RadarOnline.com: On St. Patrick's Day in 2003, when you were only 24, your life forever changed.  Can you walk me through what happened?

Mike: "No pun intended.." (laughs)

(RadarOnline.com sighs)

Mike: "St. Patrick's Day was always a day of (laughs) unapologetic celebration of what you thought would be your invincibility. I was always marching in the downtown parade... so I went downtown as usual and had beers throughout the day and by comparision to other St. Patrick's Days, I was downright sober, and went to my friend's house and ate some food, and on the way out just really didn't feel well.. had a terrible  pain in my neck..and got into my buddy's car, and by the time we started making our way to my apartment, it was the most excruciating pain. The only way I can describe it -it felt like an entire football team was standing on my neck with high heels.
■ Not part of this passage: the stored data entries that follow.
-- ===== src/RawKv.antt =====
-- src/sdk/rawkv: the tasks of the client without transactions. Here `RawKvTask` (raw_kv_task.h and
-- raw_kv_task.cc): a task is run again while its status says that the regions have changed. What a
-- task does in `DoAsync`, up to its call of `DoAsyncDone`, is an argument.
use dingo_sdk.Base.{ℕ, zero, suc, Bool, true, false, ◌&&◌, Option, none, some, if◌then◌else◌, ltb}
use dingo_sdk.Outcome.{Outcome, done, aborted, ◌>>=◌}
use dingo_sdk.Status.{Status, Code, incomplete, code_aborted, is_ok}
use dingo_sdk.Rpc.{ErrorCode, is_retry_error_code}
pub mod Batch
pub mod DeleteRange
pub mod Ends
pub mod Scan
pub mod Scanner
pub mod Single

pub record Task (S : Type 0) : Type 0 where
  pub inner : S
  pub status : Status
  pub retry_count : ℕ

abbrev pub is_incomplete : Code → Bool
is_incomplete incomplete = true
is_incomplete _ = false

module _ (number : ErrorCode → ℕ) where
  abbrev pub wants_retry : Status → Bool
  wants_retry s = is_incomplete s.code && is_retry_error_code number s.errno

  module _ {S : Type 0} where
    -- `NeedRetry`: its answer, and the task afterwards.
    unfoldable pub need_retry : ℕ → Task S → Bool × Task S
    need_retry max_retry t =
        let counted = record t { retry_count = suc t.retry_count } in
        if wants_retry t.status
        then (if ltb counted.retry_count max_retry then (true, counted) else (
          false,
          record counted { status = record { code = code_aborted; errno = t.status.errno } },
        ))
        else (false, t)

    module _ (do_async : S → Outcome (Status × S)) (max_retry : ℕ) where
      abbrev pub go_on :
          (Task S → Outcome (Option (Task S))) → Bool × Task S → Outcome (Option (Task S))
      go_on f (true, t) = f t
      go_on f (false, t) = done (some t)

      -- `DoAsync`, `DoAsyncDone` and `FailOrRetry` until the call back fires, on fuel: `none` is out of
      -- fuel.
      unfoldable pub run : ℕ → Task S → Outcome (Option (Task S))
      run zero t = done none
      run (suc fuel) t = do_async t.inner >>= λ r.
          let after = record t { status = r.0; inner = r.1 } in
          if is_ok r.0 then done (some after) else go_on (run fuel) (need_retry max_retry after)

      -- `AsyncRun` of a task whose `Init` gives this status and state.
      unfoldable pub async_run : ℕ → Status × S → Outcome (Option (Task S))
      async_run fuel init =
          let t : Task S = record { inner = init.1; status = init.0; retry_count = 0 } in
          if is_ok init.0 then run fuel t else done (some t)
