-- ===== src/RawKv/Scanner.antt =====
-- src/sdk/rawkv/raw_kv_region_scanner_impl.cc: a scanner of the rows of one region, which the store
-- keeps open between the requests. A `call` is the store controller's: the reply to a request when its
-- call back runs, and what the call changes in `C`, the caches and the servers.
use dingo_sdk.Base.{ℕ, Bool, true, false, not, List, [], ◌∷◌, if◌then◌else◌}
use dingo_sdk.Key.{Key, key_ltb, key_leb, is_empty}
use dingo_sdk.Outcome.{Outcome, done, check, ◌>>=◌, ◌>>◌}
use dingo_sdk.Status.{Status, is_ok}
use dingo_sdk.Region.{RegionPtr}

-- `KVPair`.
abbrev pub KvPair : Type 0
KvPair = Key × Key

-- The fields of the requests that the scanner sets, and the region of their context.
pub data Request : Type 0 where
  kv_scan_begin : RegionPtr → Key → Key → Request
  kv_scan_continue : RegionPtr → Key → ℕ → Request
  kv_scan_release : RegionPtr → Key → Request

pub record Reply : Type 0 where
  pub status : Status
  pub scan_id : Key
  pub kvs : List KvPair

pub record Scanner : Type 0 where
  pub region : RegionPtr
  pub start_key : Key
  pub end_key : Key
  pub scan_id : Key
  pub opened : Bool
  pub has_more : Bool
  pub batch_size : ℕ

abbrev pub no_rows : List KvPair → Bool
no_rows [] = true
no_rows (kv ∷ kvs) = false

-- `NewRegionScanner`, with the flag `scan_batch_size`.
unfoldable pub new_region_scanner : ℕ → RegionPtr → Key → Key → Outcome Scanner
new_region_scanner batch_size r start_key end_key = do
  check (key_ltb start_key end_key)
  check (key_leb r.start_key start_key)
  check (key_leb end_key r.end_key)
  done (record {
    region = r;
    start_key = start_key;
    end_key = end_key;
    scan_id = [];
    opened = false;
    has_more = false;
    batch_size = batch_size;
  })

-- The rows of a response up to the end key, and `has_more_`.
unfoldable pub take_rows : Key → Bool → List KvPair → List KvPair × Bool
take_rows end_key more [] = ([], more)
take_rows end_key more (kv ∷ kvs) = elim (key_ltb kv.0 end_key) [
  | true ↦ (let rest = take_rows end_key more kvs in (kv ∷ rest.0, rest.1))
  | false ↦ take_rows end_key false kvs
]

-- `AsyncOpenCallback`.
unfoldable pub async_open_callback : Reply → Scanner → Outcome (Status × Scanner)
async_open_callback r s =
    if is_ok r.status
    then (do
      check (no_rows r.kvs)
      done (r.status, record s { scan_id = r.scan_id; has_more = true; opened = true }))
    else done (r.status, s)

-- `KvScanContinueRpcCallback`, on the caller's `kvs`.
unfoldable pub kv_scan_continue_rpc_callback :
    Reply → List KvPair → Scanner → Status × List KvPair × Scanner
kv_scan_continue_rpc_callback r kvs s =
    if is_ok r.status
    then (let taken = if no_rows r.kvs then ([], false) else take_rows s.end_key s.has_more r.kvs in
        (r.status, taken.0, record s { has_more = taken.1 }))
    else (r.status, kvs, s)

module _ {C : Type 0} (call : Request → C → Outcome (Reply × C)) where
  unfoldable pub async_open : Scanner → C → Outcome ((Status × Scanner) × C)
  async_open s c = do
    check (not s.opened)
    r ← call (kv_scan_begin s.region s.start_key s.end_key) c
    called ← async_open_callback r.0 s
    done (called, r.1)

  -- The call back is not run when the scanner is not open.
  unfoldable pub async_close : Scanner → C → Outcome (Scanner × C)
  async_close s c =
      if s.opened
      then (do
        check (not (is_empty s.scan_id))
        r ← call (kv_scan_release s.region s.scan_id) c
        done (record s { opened = false }, r.1))
      else done (s, c)

  unfoldable pub async_next_batch :
      Scanner → List KvPair → C → Outcome ((Status × List KvPair × Scanner) × C)
  async_next_batch s kvs c = do
    check s.opened
    check (not (is_empty s.scan_id))
    r ← call (kv_scan_continue s.region s.scan_id s.batch_size) c
    done (kv_scan_continue_rpc_callback r.0 kvs s, r.1)
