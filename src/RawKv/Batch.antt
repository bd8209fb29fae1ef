-- ===== src/RawKv/Batch.antt =====
-- src/sdk/rawkv: the tasks on several keys (raw_kv_batch_put_task.cc, raw_kv_batch_get_task.cc,
-- raw_kv_batch_delete_task.cc, raw_kv_batch_put_if_absent_task.cc and
-- raw_kv_batch_compare_and_set_task.cc): what they put into a request and take from its response.
-- Keyed.antt is what they have in common.
use dingo_sdk.Base.{
  ℕ, Bool, true, false, List, [], ◌∷◌, ◌++◌, map, length, Option, none, some, if◌then◌else◌, ◌==◌,
}
use dingo_sdk.Key.{Key, key_eqb, is_empty}
use dingo_sdk.Outcome.{Outcome, done, aborted, check, check_some, ◌>>=◌, ◌>>◌}
use dingo_sdk.Status.{Status, is_ok, ok, of_code, invalid_argument}
use dingo_sdk.Region.{RegionPtr}
use dingo_sdk.Keyed.{Group, Answer, Keyed, insert_all}
use dingo_sdk.RawKv.Scanner.{KvPair}
pub mod Runs
pub mod States

pub data BatchCall : Type 0 where
  batch_put batch_put_if_absent : List KvPair → BatchCall
  batch_compare_and_set : List KvPair → List Key → BatchCall
  batch_get batch_delete : List Key → BatchCall

-- The fields of a request, without its context.
pub data Request : Type 0 where
  kv_batch_put kv_batch_put_if_absent : List KvPair → Request
  kv_batch_compare_and_set : List (KvPair × Key) → Request
  kv_batch_get kv_batch_delete : List Key → Request

-- What the task keeps of the responses.
pub record Taken : Type 0 where
  pub tmp_out_kvs : List KvPair
  pub tmp_out_states : List (Key × Bool)

pub record Response : Type 0 where
  pub kvs : List KvPair
  pub key_states : List Bool

abbrev pub first_of : KvPair → Key
first_of kv = kv.0

-- The keys of the call. `Init` refuses a key that comes twice, and values that are not as many as keys.
abbrev pub keys_of : BatchCall → List Key
keys_of (batch_put kvs) = map first_of kvs
keys_of (batch_put_if_absent kvs) = map first_of kvs
keys_of (batch_compare_and_set kvs expected) = map first_of kvs
keys_of (batch_get keys) = keys
keys_of (batch_delete keys) = keys

unfoldable pub init : BatchCall → Status × List Key
init (batch_compare_and_set kvs expected) =
    if length kvs == length expected
    then insert_all (map first_of kvs) []
    else (of_code invalid_argument, [])
init call = insert_all (keys_of call) []

-- `std::find_if` and the map of contexts.
unfoldable pub find_kv : Key → List KvPair → Option KvPair
find_kv k [] = none
find_kv k (kv ∷ kvs) = if key_eqb kv.0 k then some kv else find_kv k kvs

unfoldable pub find_context : Key → List KvPair → List Key → Option (KvPair × Key)
find_context k (kv ∷ kvs) (v ∷ vs) = if key_eqb kv.0 k then some (kv, v) else find_context k kvs vs
find_context k [] vs = none
find_context k (kv ∷ kvs) [] = none

unfoldable pub find_each : {A : Type 0} → (Key → Option A) → List Key → Outcome (List A)
find_each f [] = done []
find_each f (k ∷ ks) = do a ← check_some (f k); rest ← find_each f ks; done (a ∷ rest)

-- The request for the keys of a region.
unfoldable pub request_of : BatchCall → List Key → Outcome Request
request_of (batch_put kvs) ks = do
  found ← find_each (λ k. find_kv k kvs) ks
  done (kv_batch_put found)
request_of (batch_put_if_absent kvs) ks = do
  found ← find_each (λ k. find_kv k kvs) ks
  done (kv_batch_put_if_absent found)
request_of (batch_compare_and_set kvs expected) ks = do
  found ← find_each (λ k. find_context k kvs expected) ks
  done (kv_batch_compare_and_set found)
request_of (batch_get keys) ks = done (kv_batch_get ks)
request_of (batch_delete keys) ks = done (kv_batch_delete ks)

abbrev pub keep_values : List KvPair → List KvPair
keep_values [] = []
keep_values (kv ∷ kvs) = if is_empty kv.1 then keep_values kvs else kv ∷ keep_values kvs

unfoldable pub states_of : List Key → List Bool → List (Key × Bool)
states_of (k ∷ ks) (b ∷ bs) = (k, b) ∷ states_of ks bs
states_of [] bs = []
states_of (k ∷ ks) [] = []

unfoldable pub take_states : Response → List Key → Taken → Outcome (List Key × Taken)
take_states r ks t = do
  check (length ks == length r.key_states)
  done (ks, record t { tmp_out_states = t.tmp_out_states ++ states_of ks r.key_states })

-- What the call backs do with an OK response: the keys that they erase, and what they keep. The keys of
-- a read are those of the response.
unfoldable pub take_response : BatchCall → Response → List Key → Taken → Outcome (List Key × Taken)
take_response (batch_put kvs) r ks t = done (ks, t)
take_response (batch_delete keys) r ks t = done (ks, t)
take_response (batch_put_if_absent kvs) r ks t = take_states r ks t
take_response (batch_compare_and_set kvs expected) r ks t = take_states r ks t
take_response (batch_get keys) r ks t =
    done (map first_of r.kvs, record t { tmp_out_kvs = t.tmp_out_kvs ++ keep_values r.kvs })

-- A request and its call back; `call` is the store controller's.
unfoldable pub send :
    {C : Type 0}
    → (RegionPtr → Request → C → Outcome ((Status × Response) × C))
    → BatchCall
    → Group
    → Taken
    → C
    → Outcome (Answer Taken × C)
send call b g t c = request_of b g.keys >>= λ q. call g.region q c >>= λ a. elim (is_ok a.0.0) [
  | true ↦ take_response b a.0.1 g.keys t >>= λ x.
      done (record { status = a.0.0; erased = x.0; own = x.1 }, a.1)
  | false ↦ done (record { status = a.0.0; erased = []; own = t }, a.1)
]

-- A task when it starts, with what the lookups and the requests read and change.
unfoldable pub start : {C : Type 0} → BatchCall → C → Status × (Keyed Taken × C)
start b c = (
  (init b).0,
  (
    record {
      next_keys = (init b).1;
      status = ok;
      own = record { tmp_out_kvs = []; tmp_out_states = [] };
    },
    c,
  ),
)
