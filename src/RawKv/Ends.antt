-- ===== src/RawKv/Ends.antt =====
-- A task ends, after a bounded number of runs of `DoAsync`, with what the last of them said.
use dingo_sdk.Base.{
  ℕ, zero, suc, ◌+◌, ◌<◌, ◌≤◌, max, true, false, Option, none, some, ltb, ◌≡◌, refl, Bool-cases,
  inl, inr, arith,
}
use dingo_sdk.Outcome.{Outcome, Returns, Returns->>=}
use dingo_sdk.Status.{Status, Code, code_ok, code_is_ok, is_ok}
use dingo_sdk.Rpc.{ErrorCode}
use dingo_sdk.RawKv.{Task, need_retry, wants_retry, run, go_on}

ok_settled :
    (number : ErrorCode → ℕ) (k : Code) (errno : ℕ)
    → code_is_ok k ≡ true
    → wants_retry number (record { code = k; errno = errno }) ≡ false
ok_settled number code_ok errno h = refl
ok_settled number k errno h = cc

module _ (number : ErrorCode → ℕ) {S : Type 0} (do_async : S → Outcome (Status × S)) (max_retry : ℕ)
    (I : S → Type 0) (Q : S → Type 0) where
  -- One run of `DoAsync` keeps `I`, and brings about `Q` if it is OK.
  abbrev pub Does : Status × S → Type 0
  Does r = I r.1 × (is_ok r.0 ≡ true → Q r.1)

  -- The task when its call back fires.
  pub record Ended (t : Task S) : Type 0 where
    pub kept : I t.inner
    pub settled : wants_retry number t.status ≡ false
    pub bounded : t.retry_count ≤ max 1 max_retry
    pub result : is_ok t.status ≡ true → Q t.inner

  abbrev pub Ends : Option (Task S) → Type 0
  Ends none = ⊥
  Ends (some t) = Ended t

  -- After a run that failed the task ends, or goes on with one more run.
  go_on-Ends :
      (f : Task S → Outcome (Option (Task S))) (t : Task S)
      → I t.inner
      → is_ok t.status ≡ false
      → t.retry_count < max 1 max_retry
      → ((u : Task S)
          → I u.inner
          → u.retry_count ≡ suc t.retry_count
          → u.retry_count < max 1 max_retry
          → Returns (f u) Ends)
      → Returns (go_on number do_async max_retry f (need_retry number max_retry t)) Ends
  unfolding need_retry
  go_on-Ends f t i n b k = elim (Bool-cases (wants_retry number t.status)) [
    | inl w ↦ rw (w) (elim (Bool-cases (ltb (suc t.retry_count) max_retry)) [
      | inl m ↦ rw (m) (k (record t { retry_count = suc t.retry_count }) i refl (ground (arith, m)))
      | inr m ↦
          rw (m) (record { kept = i; settled = refl; bounded = omega (arith, b); result = λ z. cc })
    ])
    | inr w ↦
        rw (w)
          (record { kept = i; settled = w; bounded = omega (arith, b); result = λ z. cc (n, z) })
  ]

  -- A task whose `DoAsync` always returns, keeps the invariant `I` and brings about `Q` when its status
  -- is OK, ends on fuel for one run more than the retries that are left: its status is not one that is
  -- retried, its retry count is at most the maximum, or one, and if its status is OK then `Q` holds.
  pub run-Ends :
      ((s : S) → I s → Returns (do_async s) Does)
      → (fuel : ℕ) (t : Task S) → I t.inner
      → t.retry_count < max 1 max_retry
      → max 1 max_retry ≤ fuel + t.retry_count
      → Returns (run number do_async max_retry fuel t) Ends
  unfolding run
  run-Ends each zero t i b f = absurd (ground (arith, b, f))
  run-Ends each (suc fuel) t i b f =
      Returns->>= Does Ends (do_async t.inner) _ (each t.inner i) λ r d.
        elim (Bool-cases (is_ok r.0)) [
          | inl y ↦ rw (y) (record {
            kept = d.0;
            settled = ok_settled number r.0.code r.0.errno y;
            bounded = omega (arith, b);
            result = λ z. d.1 y;
          })
          | inr n ↦ rw (n) (
              go_on-Ends (run number do_async max_retry fuel)
                (record t { status = r.0; inner = r.1 }) d.0 n b
                λ u j e m. run-Ends each fuel u j m (omega (arith, f, e)))
        ]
He drove me to the E.R., and I walked in and I had some trouble opening the door, I was fumbling with the handle and couldn't curl my fingers properly to open the handle, and they asked if I needed a wheelchair, and I kind of very snootily replied 'no'( laughs), and you know, a big neon 'irony' sign lit up above my head I'm sure, and then I sat down on an examining table and I said I couldn't breathe, and they initially thought I was on drugs or something, which of course I wasn't, and I said I couldn't breathe again, and I really couldn't, and I was out.. incubated and in a medically induced coma for a few days".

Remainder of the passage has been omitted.